Após as habituais formalidades legais, todos recolheram a casa, tendo o corpo transitado para a morgue, onde seria feita a autópsia. Quanto à arma que originara a morte ao dr. Saavedra, não havia o mínimo vestígio em toda a sala.

No dia seguinte, já o inspector Andrade possuía, juntamente com o detective Januário, o relatório do médico legista. Este último, sublinhara a vermelho algumas passagens:

«…morte instantânea…»; «…a bala, de 6,35 mm, entrou pelo peito e cravou-se no coração…»; «…a morte deu se aproximadamente às 20 horas…»; «…o relógio, partido na queda, indicava 20.05…».

Como havia fortes suspeitas de o dr. Saavedra ter sido assassinado, foram desenvolvidas averiguações sobre as relações da vítima, tendo chegado às seguintes conclusões:

a) Vitélio Marques, recém-formado em Medicina, estava há um ano como primeiro assistente do distinto médico. Xadrezista apaixonado, também era fervoroso adepto da astronomia… Foi, ao que parece, avisado pelo colega André da Ega do sucedido.

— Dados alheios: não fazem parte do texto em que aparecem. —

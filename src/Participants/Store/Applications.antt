-- ===== src/Participants/Store/Applications.antt =====
-- The application statements of apps/gateway/src/GatewayStore.js.
use creator_first_platform.Base.{ℕ, Bool, true, false, Option, none, some, ◌&&◌, ◌==◌}
use creator_first_platform.Base.Table.{select, update, count, insert}
use creator_first_platform.Participants.Rows.{
  ApplicationState, email_verification_required, under_review, approved_invitation_sent,
  approval_delivery_failed, rejected, invitation_claimed, RejectionCode, Application,
  ApplicationEvent, Database,
}

abbrev pub has_application_id : ℕ → Application → Bool
has_application_id id r = r.application_id == id

abbrev pub is_unverified : ApplicationState → Bool
is_unverified email_verification_required = true
is_unverified _ = false

-- `state IN ('UNDER_REVIEW', 'APPROVAL_DELIVERY_FAILED')`
abbrev pub is_approvable : ApplicationState → Bool
is_approvable under_review = true
is_approvable approval_delivery_failed = true
is_approvable _ = false

abbrev pub is_under_review : ApplicationState → Bool
is_under_review under_review = true
is_under_review _ = false

abbrev pub is_invited : ApplicationState → Bool
is_invited approved_invitation_sent = true
is_invited _ = false

-- `COALESCE(column, value)`
abbrev pub coalesce {ℓ} : {A : Type ℓ} → Option A → A → A
coalesce none a = a
coalesce (some b) a = b

-- The caller has just found no row of this owner, and draws a fresh identifier and token.
unfoldable pub create_participant_application : Application → Database → Database
create_participant_application value db = record db { applications = insert value db.applications }

unfoldable pub participant_application_by_id : ℕ → Database → Option Application
participant_application_by_id id db = select (has_application_id id) db.applications

unfoldable pub participant_application_by_owner_id : ℕ → Database → Option Application
participant_application_by_owner_id owner db = select (λ r. r.owner_id == owner) db.applications

unfoldable pub participant_application_by_verification_token_hash :
    ℕ → Database → Option Application
participant_application_by_verification_token_hash hash db =
    select (λ r. r.verification_token_hash == hash) db.applications

-- `UPDATE participant_applications SET f WHERE application_id = ? AND state …`
unfoldable pub update_application :
    ℕ → (ApplicationState → Bool) → (Application → Application) → Database → Database
update_application id test f db = record db {
  applications = update (λ r. r.application_id == id && test r.state) f db.applications;
}

unfoldable pub rotate_participant_application_verification_token : ℕ → ℕ → ℕ → Database → Database
unfolding update_application
rotate_participant_application_verification_token id token_hash expires_at =
    update_application id is_unverified λ r. record r {
      verification_token_hash = token_hash;
      verification_expires_at = expires_at;
      verification_sent_at = none;
    }

unfoldable pub mark_participant_application_verification_sent : ℕ → ℕ → Database → Database
unfolding update_application
mark_participant_application_verification_sent id sent_at =
    update_application id is_unverified λ r. record r { verification_sent_at = some sent_at }

unfoldable pub verify_participant_application : ℕ → ℕ → Database → Database
unfolding update_application
verify_participant_application id verified_at =
    update_application id is_unverified
      λ r. record r { state = under_review; verified_at = some verified_at }

unfoldable pub approve_participant_application : ℕ → ℕ → ℕ → Database → Database
unfolding update_application
approve_participant_application id invitation reviewed_at = update_application id is_approvable λ r.
    record r {
      state = approved_invitation_sent;
      invitation_id = some invitation;
      reviewed_at = some reviewed_at;
      rejection_code = none;
    }

unfoldable pub fail_participant_application_approval : ℕ → ℕ → ℕ → Database → Database
unfolding update_application
fail_participant_application_approval id invitation reviewed_at =
    update_application id is_approvable λ r. record r {
      state = approval_delivery_failed;
      invitation_id = some invitation;
      reviewed_at = some reviewed_at;
    }

-- with the number of rows changed
unfoldable pub reject_participant_application : ℕ → RejectionCode → ℕ → Database → Database × ℕ
unfolding update_application
reject_participant_application id code reviewed_at db = (
  update_application id is_under_review
      (λ r. record r {
        state = rejected;
        rejection_code = some code;
        reviewed_at = some reviewed_at;
      })
      db,
  count (λ r. r.application_id == id && is_under_review r.state) db.applications,
)

abbrev is_for_invitation : ℕ → Option ℕ → Bool
is_for_invitation id none = false
is_for_invitation id (some i) = i == id

unfoldable pub mark_participant_application_invitation_claimed : ℕ → ℕ → Database → Database
mark_participant_application_invitation_claimed invitation claimed_at db = record db {
  applications =
      update (λ r. is_for_invitation invitation r.invitation_id && is_invited r.state)
        (λ r. record r {
          state = invitation_claimed;
          verified_at = some (coalesce r.verified_at claimed_at);
          reviewed_at = some (coalesce r.reviewed_at claimed_at);
        })
        db.applications;
}

unfoldable pub record_participant_application_event : ApplicationEvent → Database → Database
record_participant_application_event value db = record db {
  application_events = insert value db.application_events;
}
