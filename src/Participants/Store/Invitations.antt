-- ===== src/Participants/Store/Invitations.antt =====
-- The invitation statements of apps/gateway/src/GatewayStore.js. An `UPDATE` comes with the number
-- of rows that it changes, where the callers read it.
use creator_first_platform.Base.{
  ℕ, String, Bool, true, false, Option, none, some, ◌&&◌, ◌==◌, ltb, str_eq,
}
use creator_first_platform.Base.Table.{select, update, count, insert}
use creator_first_platform.Participants.Rows.{
  InvitationState, created, sent, claimed, Invitation, InvitationEvent, ResendRequest, Database,
}

abbrev pub has_invitation_id : ℕ → Invitation → Bool
has_invitation_id id r = r.invitation_id == id

abbrev pub has_token_hash : ℕ → Invitation → Bool
has_token_hash hash r = r.token_hash == hash

abbrev pub is_sent : InvitationState → Bool
is_sent sent = true
is_sent _ = false

-- `state IN ('CREATED', 'SENT')`
abbrev pub is_pending : InvitationState → Bool
is_pending created = true
is_pending sent = true
is_pending _ = false

-- The caller draws a fresh identifier and a fresh 32-byte token.
unfoldable pub create_participant_invitation : Invitation → Database → Database
create_participant_invitation value db = record db { invitations = insert value db.invitations }

unfoldable pub participant_invitation_by_id : ℕ → Database → Option Invitation
participant_invitation_by_id id db = select (has_invitation_id id) db.invitations

unfoldable pub participant_invitation_by_token_hash : ℕ → Database → Option Invitation
participant_invitation_by_token_hash hash db = select (has_token_hash hash) db.invitations

abbrev pub is_markable : ℕ → Invitation → Bool
is_markable id r = r.invitation_id == id && is_pending r.state

unfoldable pub mark_participant_invitation_sent : ℕ → ℕ → Database → Database
mark_participant_invitation_sent id sent_at db = record db {
  invitations =
      update (is_markable id) (λ r. record r { state = sent; sent_at = some sent_at })
        db.invitations;
}

abbrev pub is_resendable : ℕ → Invitation → Bool
is_resendable id r = r.invitation_id == id && is_sent r.state

unfoldable pub rotate_participant_invitation_token : ℕ → ℕ → ℕ → Database → Database × ℕ
rotate_participant_invitation_token id token_digest expires_at db = (
  record db {
    invitations =
        update (is_resendable id)
          (λ r. record r { token_hash = token_digest; expires_at = expires_at }) db.invitations;
  },
  count (is_resendable id) db.invitations,
)

unfoldable pub mark_participant_invitation_resent : ℕ → ℕ → Option ℕ → ℕ → Database → Database
mark_participant_invitation_resent id sent_at window_started_at resend_count db = record db {
  invitations =
      update (is_resendable id)
        (λ r. record r {
          sent_at = some sent_at;
          last_resend_at = some sent_at;
          resend_window_started_at = window_started_at;
          resend_count = resend_count;
        })
        db.invitations;
}

abbrev pub is_claimable : ℕ → ℕ → Invitation → Bool
is_claimable id now r = r.invitation_id == id && is_pending r.state && ltb now r.expires_at

unfoldable pub claim_participant_invitation : ℕ → ℕ → ℕ → Database → Database × ℕ
claim_participant_invitation id wallet claimed_at db = (
  record db {
    invitations =
        update (is_claimable id claimed_at)
          (λ r. record r {
            state = claimed;
            claimed_wallet = some wallet;
            claimed_at = some claimed_at;
          })
          db.invitations;
  },
  count (is_claimable id claimed_at) db.invitations,
)

unfoldable pub record_participant_invitation_event : InvitationEvent → Database → Database
record_participant_invitation_event value db = record db {
  invitation_events = insert value db.invitation_events;
}

abbrev pub is_resend_request : ℕ → String → ResendRequest → Bool
is_resend_request id key r = r.invitation_id == id && str_eq r.idempotency_key key

unfoldable pub participant_invitation_resend_request : ℕ → String → Database → Option ResendRequest
participant_invitation_resend_request id key db =
    select (is_resend_request id key) db.resend_requests

-- `none` where the primary key is taken
unfoldable pub record_participant_invitation_resend_request :
    ResendRequest → Database → Option Database
unfolding participant_invitation_resend_request
record_participant_invitation_resend_request value db =
    elim (participant_invitation_resend_request value.invitation_id value.idempotency_key db) [
      | none ↦ some (record db { resend_requests = insert value db.resend_requests })
      | some _ ↦ none
    ]
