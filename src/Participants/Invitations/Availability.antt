-- ===== src/Participants/Invitations/Availability.antt =====
-- `resendAvailability` of apps/gateway/src/ParticipantInvitationService.js.
use creator_first_platform.Base.{
  ℕ, ◌+◌, ◌-◌, Bool, true, false, Option, none, some, ◌&&◌, leb, ltb, if◌then◌else◌,
}
use creator_first_platform.Participants.Rows.{Invitation}
use creator_first_platform.Participants.Store.Invitations.{is_sent}

abbrev pub first_resend_delay_ms : ℕ
first_resend_delay_ms = 300000

abbrev pub resend_cooldown_ms : ℕ
resend_cooldown_ms = 600000

abbrev pub resend_window_ms : ℕ
resend_window_ms = 86400000

abbrev pub max_resends_per_window : ℕ
max_resends_per_window = 3

pub record Availability : Type 0 where
  pub available : Bool
  pub available_at : Option ℕ
  pub attempts_remaining : ℕ
  pub window_started_at : Option ℕ
  -- 0 where the object has no such field
  pub resend_count : ℕ

abbrev pub unavailable : Availability
unavailable = record {
  available = false;
  available_at = none;
  attempts_remaining = 0;
  window_started_at = none;
  resend_count = 0;
}

abbrev pub is_window_over : Option ℕ → ℕ → Bool
is_window_over none now = true
is_window_over (some start) now = leb (start + resend_window_ms) now

abbrev pub window_start : Option ℕ → ℕ → ℕ
window_start none now = now
window_start (some start) now = if leb (start + resend_window_ms) now then now else start

-- `row.last_resend_at ?? row.sent_at ?? row.created_at`
abbrev pub last_send : Option ℕ → Option ℕ → ℕ → ℕ
last_send none none created = created
last_send none (some sent) created = sent
last_send (some resent) _ created = resent

abbrev pub resend_delay : Option ℕ → ℕ
resend_delay none = first_resend_delay_ms
resend_delay (some _) = resend_cooldown_ms

abbrev pub used_resends : Invitation → ℕ → ℕ
used_resends row now =
    if is_window_over row.resend_window_started_at now then 0 else row.resend_count

-- the moment from which a resend is allowed
abbrev pub resend_at : Invitation → ℕ
resend_at row =
    last_send row.last_resend_at row.sent_at row.created_at + resend_delay row.last_resend_at

unfoldable pub resend_availability : Option Invitation → ℕ → Availability
resend_availability none now = unavailable
resend_availability (some row) now =
    if is_sent row.state && ltb now row.expires_at
    then (if leb max_resends_per_window (used_resends row now)
        then record unavailable {
          available_at = some (window_start row.resend_window_started_at now + resend_window_ms);
        }
        else record {
          available = leb (resend_at row) now;
          available_at = some (resend_at row);
          attempts_remaining = max_resends_per_window - used_resends row now;
          window_started_at = some (window_start row.resend_window_started_at now);
          resend_count = used_resends row now;
        })
    else unavailable
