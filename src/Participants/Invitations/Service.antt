-- ===== src/Participants/Invitations/Service.antt =====
-- The methods of `ParticipantInvitationService`.
use Prim.Native.Char.{code}
use creator_first_platform.Base.{
  ℕ, ◌+◌, ◌*◌, String, Bool, true, false, Option, none, some, ◌&&◌, ◌||◌, not, ◌==◌, leb, ltb,
  str_eq, utf16_length, is_valid_key, if◌then◌else◌,
}
use creator_first_platform.Base.Exec.{
  Exec, ok, pure, throw, gets, modify, require, or_throw, ◌>>=◌, ◌>>◌,
}
use creator_first_platform.Base.Exec.Codes.{
  admin_api_disabled, admin_authentication_required, invalid_invitation_email,
  invalid_invitation_name, invalid_invitation_roles, invalid_invitation_expiry,
  invitation_not_found, invitation_not_sendable, invitation_token_required,
  invitation_resend_not_available, invitation_already_claimed, invitation_signature_required,
  invitation_not_claimable, invitation_consent_required, invalid_idempotency_key,
  wallet_link_required, invalid_wallet_address, mail_failed,
}
use creator_first_platform.Account.{
  Account, Flow, flow_v1, flow_v2, consent_v1, consent_v2, same_consent, InvitationProof,
}
use creator_first_platform.Participants.Forms.{
  TextMethods, is_valid_email, is_valid_name, valid_roles,
}
use creator_first_platform.Participants.Rows.{
  InvitationState, created, claimed, revoked, Invitation, invitation_created, email_sent,
  email_resent, email_resend_failed, invitation_claimed_event, InvitationEventType, ResendResult,
  ResendRequest, Database,
}
use creator_first_platform.Participants.Store.Invitations.{
  create_participant_invitation, participant_invitation_by_id, participant_invitation_by_token_hash,
  mark_participant_invitation_sent, rotate_participant_invitation_token,
  mark_participant_invitation_resent, claim_participant_invitation,
  record_participant_invitation_event, participant_invitation_resend_request,
  record_participant_invitation_resend_request,
}
use creator_first_platform.Participants.Store.Applications.{
  mark_participant_application_invitation_claimed,
}
use creator_first_platform.Participants.Invitations.Availability.{resend_availability}

abbrev pub Service : Type 0 → Type 0
Service = Exec Database

abbrev pub log_event : ℕ → InvitationEventType → ℕ → Service (Unit {0})
log_event id event_type now = modify (
    record_participant_invitation_event
      (record { invitation_id = id; event_type = event_type; occurred_at = now }))

-- `authorization.startsWith(prefix) ? authorization.slice(prefix.length) : ''`
unfoldable pub after_prefix : String → String → String
after_prefix String.[] s = s
after_prefix (String.◌∷◌ p ps) String.[] = ""
after_prefix (String.◌∷◌ p ps) (String.◌∷◌ c s) =
    let rest = after_prefix ps s in if code p == code c then rest else ""

-- The JSON body of `create`, after `Number` and the default of 72 hours: `none` is a value that is
-- no text, or no natural number.
pub record InvitationForm : Type 0 where
  pub email : Option String
  pub display_name : Option String
  pub roles : Option ℕ
  -- `body.flowVersion === PARTICIPANT_FLOW_V2`
  pub is_flow_v2 : Bool
  pub expires_in_hours : Option ℕ

abbrev or_empty : Option String → String
or_empty none = ""
or_empty (some s) = s

-- `!Number.isSafeInteger(h) || h < 1 || h > 24 * 30`
unfoldable pub valid_hours : Option ℕ → Option ℕ
valid_hours none = none
valid_hours (some h) = if leb 1 h && leb h (24 * 30) then some h else none

-- the participation acknowledgements of a body
pub record ConsentForm : Type 0 where
  pub accepted_participation : Bool
  pub accepted_terms : Bool
  pub acknowledged_test_only : Bool

unfoldable pub consent_accepted : Flow → ConsentForm → Bool
consent_accepted flow_v2 body = body.accepted_participation
consent_accepted flow_v1 body =
    body.accepted_participation || (body.accepted_terms && body.acknowledged_test_only)

unfoldable pub is_proof_of : Option InvitationProof → Invitation → Bool
is_proof_of none row = false
is_proof_of (some proof) row =
    proof.invitation_id == row.invitation_id
    && proof.roles == row.role_bits
    && same_consent proof.consent_version row.consent_version

abbrev pub is_claimed : InvitationState → Bool
is_claimed claimed = true
is_claimed _ = false

abbrev is_closed : InvitationState → Bool
is_closed claimed = true
is_closed revoked = true
is_closed _ = false

abbrev is_wallet : Option ℕ → ℕ → Bool
is_wallet none wallet = false
is_wallet (some w) wallet = w == wallet

-- The new account and row that a claim ends with.
pub record Claim : Type 0 where
  pub account : Account
  pub row : Option Invitation

-- `digest` is SHA-256 and `methods` are the Unicode-aware methods of texts.
module _ (digest : String → ℕ) (methods : TextMethods) where
  open methods use {trim, to_lower_case, normalize_nfkc}

  unfoldable pub safe_token_equal : String → String → Bool
  safe_token_equal actual expected = digest actual == digest expected

  -- `admin_token` is `config.adminToken`, and the second text the `Authorization` header.
  unfoldable pub require_administrator : String → Option String → Service (Unit {0})
  unfolding safe_token_equal after_prefix
  require_administrator admin_token authorization = do
    require (not (str_eq admin_token "")) 503 admin_api_disabled
    require (safe_token_equal (after_prefix "Bearer " (or_empty authorization)) admin_token) 401
        admin_authentication_required

  -- `token` and `id` are drawn at random.
  unfoldable pub create : InvitationForm → ℕ → String → ℕ → Service Invitation
  unfolding valid_hours create_participant_invitation record_participant_invitation_event
  create body id token now = do
    let email = to_lower_case (trim (or_empty body.email))
    let name = normalize_nfkc (trim (or_empty body.display_name))
    require (is_valid_email email) 400 invalid_invitation_email
    require (is_valid_name name) 400 invalid_invitation_name
    roles ← or_throw (valid_roles body.roles) 400 invalid_invitation_roles
    hours ← or_throw (valid_hours body.expires_in_hours) 400 invalid_invitation_expiry
    let row : Invitation = record {
      invitation_id = id;
      token_hash = digest token;
      email = email;
      display_name = name;
      role_bits = roles;
      state = created;
      created_at = now;
      expires_at = now + hours * 60 * 60000;
      sent_at = none;
      claimed_at = none;
      claimed_wallet = none;
      flow_version = if body.is_flow_v2 then flow_v2 else flow_v1;
      consent_version = if body.is_flow_v2 then consent_v2 else consent_v1;
      resend_count = 0;
      resend_window_started_at = none;
      last_resend_at = none;
    }
    modify (create_participant_invitation row)
    log_event id invitation_created now
    pure row

  -- `send` before it awaits the mailer
  unfoldable pub send_check : ℕ → String → ℕ → Service Invitation
  unfolding participant_invitation_by_id
  send_check id token now = do
    found ← gets (participant_invitation_by_id id)
    row ← or_throw found 404 invitation_not_found
    require (not (is_closed row.state) && ltb now row.expires_at) 409 invitation_not_sendable
    require (not (str_eq token "") && digest token == row.token_hash) 400 invitation_token_required
    pure row

  -- and after it
  unfoldable pub send_finish : ℕ → Option ℕ → ℕ → Service ℕ
  unfolding mark_participant_invitation_sent record_participant_invitation_event
  send_finish id mail now = do
    delivery ← or_throw mail 500 mail_failed
    modify (mark_participant_invitation_sent id now)
    log_event id email_sent now
    pure now

  unfoldable pub send : ℕ → String → Option ℕ → ℕ → Service ℕ
  send id token mail now = do send_check id token now; send_finish id mail now

  -- `resend` before it awaits the mailer: the number of this resend
  unfoldable pub resend_rotate : ℕ → String → ℕ → Service ℕ
  unfolding participant_invitation_by_id
  resend_rotate id token now = do
    found ← gets (participant_invitation_by_id id)
    row ← or_throw found 404 invitation_not_found
    let availability = resend_availability found now
    require availability.available 429 invitation_resend_not_available
    changes ← λ db.
        let (db', n) = rotate_participant_invitation_token id (digest token) row.expires_at db in
        (ok n, db')
    require (changes == 1) 409 invitation_not_sendable
    modify (
        mark_participant_invitation_resent id now availability.window_started_at
          (availability.resend_count + 1))
    pure (availability.resend_count + 1)

  abbrev resend_failed : ℕ → ℕ → Service ResendResult
  resend_failed id now = do log_event id email_resend_failed now; throw 500 mail_failed

  -- and after it: the `try` with its `catch`, which also takes a request row that is there
  -- already; `attemptedAt` is read before the mailer is awaited
  unfoldable pub resend_finish : ℕ → String → Option ℕ → ℕ → Service ResendResult
  unfolding record_participant_invitation_resend_request record_participant_invitation_event
  resend_finish id key none attempted_at = resend_failed id attempted_at
  resend_finish id key (some delivery) attempted_at = do
    log_event id email_resent attempted_at
    let result : ResendResult = record {
      invitation_id = id;
      sent_at = attempted_at;
      delivery_id = delivery;
    }
    λ db.
        elim (record_participant_invitation_resend_request
          (record {
            invitation_id = id;
            idempotency_key = key;
            created_at = attempted_at;
            response = result;
          })
          db) [ none ↦ resend_failed id attempted_at db | some db' ↦ (ok result, db') ]

  -- Where no earlier request had the key.
  unfoldable pub resend_new : ℕ → String → String → Option ℕ → ℕ → Service ResendResult
  resend_new id key token mail now = do resend_rotate id token now; resend_finish id key mail now

  unfoldable pub resend_from :
      Option ResendRequest → ℕ → String → String → Option ℕ → ℕ → Service ResendResult
  resend_from (some prior) id key token mail now = pure prior.response
  resend_from none id key token mail now = resend_new id key token mail now

  unfoldable pub resend : ℕ → String → String → Option ℕ → ℕ → Service ResendResult
  unfolding participant_invitation_resend_request
  resend id key token mail now = do
    require (is_valid_key key) 400 invalid_idempotency_key
    prior ← gets (participant_invitation_resend_request id key)
    resend_from prior id key token mail now

  -- `inspect`: the row, and whether it is expired
  unfoldable pub inspect : String → ℕ → Service (Invitation × Bool)
  unfolding participant_invitation_by_token_hash
  inspect token now = do
    require (leb 32 (utf16_length token) && leb (utf16_length token) 128) 404 invitation_not_found
    found ← gets (participant_invitation_by_token_hash (digest token))
    row ← or_throw found 404 invitation_not_found
    pure (row, leb row.expires_at now)

  -- `get_address` is viem's check of an address.
  module _ (get_address : ℕ → Option ℕ) where
    -- The end of `claim`: its `UPDATE` and what follows.
    unfoldable pub claim_write : Invitation → Account → ℕ → ℕ → Service Claim
    unfolding record_participant_invitation_event mark_participant_application_invitation_claimed
    claim_write row account wallet now = do
      changes ← λ db.
          let (db', n) = claim_participant_invitation row.invitation_id wallet now db in (ok n, db')
      require (changes == 1) 409 invitation_not_claimable
      log_event row.invitation_id invitation_claimed_event now
      modify (mark_participant_application_invitation_claimed row.invitation_id now)
      final ← gets (participant_invitation_by_id row.invitation_id)
      pure
          (record { account = record account { participant_invitation_proof = none }; row = final })

    -- The part of `claim` for an invitation that is not claimed yet.
    unfoldable pub claim_open : Invitation → Account → ℕ → ConsentForm → ℕ → Service Claim
    claim_open row account wallet_text body now = do
      require (consent_accepted row.flow_version body) 400 invitation_consent_required
      require (is_proof_of account.participant_invitation_proof row) 401
          invitation_signature_required
      wallet ← or_throw (get_address wallet_text) 400 invalid_wallet_address
      claim_write row account wallet now

    -- A second claim of the same wallet is answered with the row; of another it is refused.
    unfoldable pub claim_again : Invitation → Account → ℕ → Service Claim
    claim_again row account wallet = do
      require (is_wallet row.claimed_wallet wallet) 409 invitation_already_claimed
      pure (record { account = account; row = some row })

    unfoldable pub claim_row : Invitation → Account → ℕ → ConsentForm → ℕ → Service Claim
    claim_row row account wallet body now =
        if is_claimed row.state
        then claim_again row account wallet
        else claim_open row account wallet body now

    unfoldable pub claim : String → Account → ConsentForm → ℕ → Service Claim
    claim token account body now = do
      wallet ← or_throw account.wallet_address 401 wallet_link_required
      found ← gets (participant_invitation_by_token_hash (digest token))
      row ← or_throw found 404 invitation_not_found
      claim_row row account wallet body now
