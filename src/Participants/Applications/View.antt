-- ===== src/Participants/Applications/View.antt =====
-- `participantView` and `publicApplication`: what an applicant is shown. The titles, the guidance
-- and the lists of completed steps are texts for display and left out.
use creator_first_platform.Base.{ℕ, Option, none, some, if◌then◌else◌}
use creator_first_platform.Account.{Flow, flow_v1, flow_v2}
use creator_first_platform.Participants.Rows.{
  Invitation, ApplicationState, email_verification_required, under_review, approved_invitation_sent,
  approval_delivery_failed, rejected, invitation_claimed, Application, Database,
}
use creator_first_platform.Participants.Store.Invitations.{participant_invitation_by_id}
use creator_first_platform.Participants.Invitations.Service.{is_claimed}
use creator_first_platform.Participants.Invitations.Availability.{Availability, resend_availability}

pub data Status : Type 0 where
  reviewing registration_confirmed invitation_sent delivery_failed refused : Status
  verification_pending : Status

pub data ViewPhase : Type 0 where
  review check_email preparing recovery : ViewPhase

pub data ActionOwner : Type 0 where
  nobody participant operator : ActionOwner

pub data RecoveryAction : Type 0 where
  resend_invitation resend_verification : RecoveryAction

-- `none` is `null` or a field that is left out.
pub record ParticipantView : Type 0 where
  pub status : Status
  pub phase : Option ViewPhase
  pub action_owner : Option ActionOwner
  pub recovery_action : Option RecoveryAction
  pub recovery_available_at : Option ℕ
  pub resend_attempts_remaining : Option ℕ
  pub refresh_after_seconds : Option ℕ

abbrev plain_view : Status → ViewPhase → ActionOwner → Option RecoveryAction → ℕ → ParticipantView
plain_view status phase owner action refresh = record {
  status = status;
  phase = some phase;
  action_owner = some owner;
  recovery_action = action;
  recovery_available_at = none;
  resend_attempts_remaining = none;
  refresh_after_seconds = some refresh;
}

abbrev confirmed_view : ParticipantView
confirmed_view = record {
  status = registration_confirmed;
  phase = none;
  action_owner = none;
  recovery_action = none;
  recovery_available_at = none;
  resend_attempts_remaining = none;
  refresh_after_seconds = none;
}

-- With the answer of `resendStatus`, where there is an invitation.
unfoldable pub sent_view : Option Availability → ParticipantView
sent_view none = record (plain_view invitation_sent check_email participant none 15) {
  resend_attempts_remaining = some 0;
}
sent_view (some a) =
    record (plain_view invitation_sent check_email participant
      (if a.available then some resend_invitation else none) 15) {
        recovery_available_at = a.available_at;
        resend_attempts_remaining = some a.attempts_remaining;
      }

abbrev invitation_of : Option ℕ → Database → Option Invitation
invitation_of none db = none
invitation_of (some id) db = participant_invitation_by_id id db

unfoldable pub invited_view : Option Invitation → ℕ → ParticipantView
unfolding sent_view
invited_view none now = sent_view none
invited_view (some i) now =
    if is_claimed i.state
    then confirmed_view
    else sent_view (some (resend_availability (some i) now))

abbrev verification_action : Flow → Option RecoveryAction
verification_action flow_v1 = some resend_verification
verification_action flow_v2 = none

unfoldable pub view_of : ApplicationState → Application → ℕ → Database → ParticipantView
unfolding invited_view
view_of under_review row now db = plain_view reviewing review nobody none 15
view_of approved_invitation_sent row now db = invited_view (invitation_of row.invitation_id db) now
view_of invitation_claimed row now db = plain_view registration_confirmed preparing operator none 15
view_of approval_delivery_failed row now db = plain_view delivery_failed recovery operator none 15
view_of rejected row now db = plain_view refused recovery nobody none 0
view_of email_verification_required row now db =
    plain_view verification_pending check_email participant (verification_action row.flow_version)
      15

unfoldable pub participant_view : Application → ℕ → Database → ParticipantView
unfolding view_of
participant_view row now db = view_of row.state row now db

b) André da Ega, aluno finalista da Faculdade de Medicina, encontrava-se apenas como segundo assistente da vítima. Nas horas vagas, era amante da escultura e esforçava-se por dar forma a pedras… Descobriu o corpo do médico, e após ter verificado que se encontrava morto, telefonou à Polícia e avisou o colega.

c) Natércia Lemos, ex-esposa da vítima, divorciou-se neste mesmo mês de Setembro. Avisada pela Polícia da morte, não a lamentou… Perdera a acção de divórcio movida pelo marido, e vivia com o amante, numa desconfortável posição financeira…

d)Mário Albuquerque, o quarto e último suspeito era primo em 1.o grau da vítima e, ultimamente, visitava-a com frequência. Financeiramente, a sua posição não era famosa… Para salvar a sua fábrica da falência, precisava urgentemente de um «grande empréstimo»

e) O dr. Saavedra, após ter encerrado o escritório ficou a jogar xadrez com o seu assistente, «vício» a que o recém-dr. Marques o habituara. Após o almoço, a vítima foi ao cinema, e regressado a casa foi colocar em ordem a sua colecção de medalhas, a qual, juntamente com a numismática constituíam o seu «ponto fraco»… Verificou-se contudo que ambas as colecções desapareceram, mas algumas moedas encontravam-se espalhadas pelo chão do escritório.

 

Convocados os suspeitos para serem submetidos a interrogatório, estes «desfilaram», um a um, perante o inspector Andrade e o seu bom amigo detective Januário. O primeiro interrogado foi o Mário Albuquerque:

– Sim, na realidade precisava urgentemente de dinheiro… Visitava-o para esse efeito mas ele nunca mo emprestava. Discutíamos por vezes, mas nunca pensei em matá-lo. No entanto não lamento a sua morte. Era egoísta e avaro. Veja o meu caso e o da D. Natércia: nem um tostão nos deu!... – desabafou. – Entre as 18.30 e as 21.30?... Bem, estive a ver televisão e fui jantar ao «Afonso V». Podem confirmar à-vontade…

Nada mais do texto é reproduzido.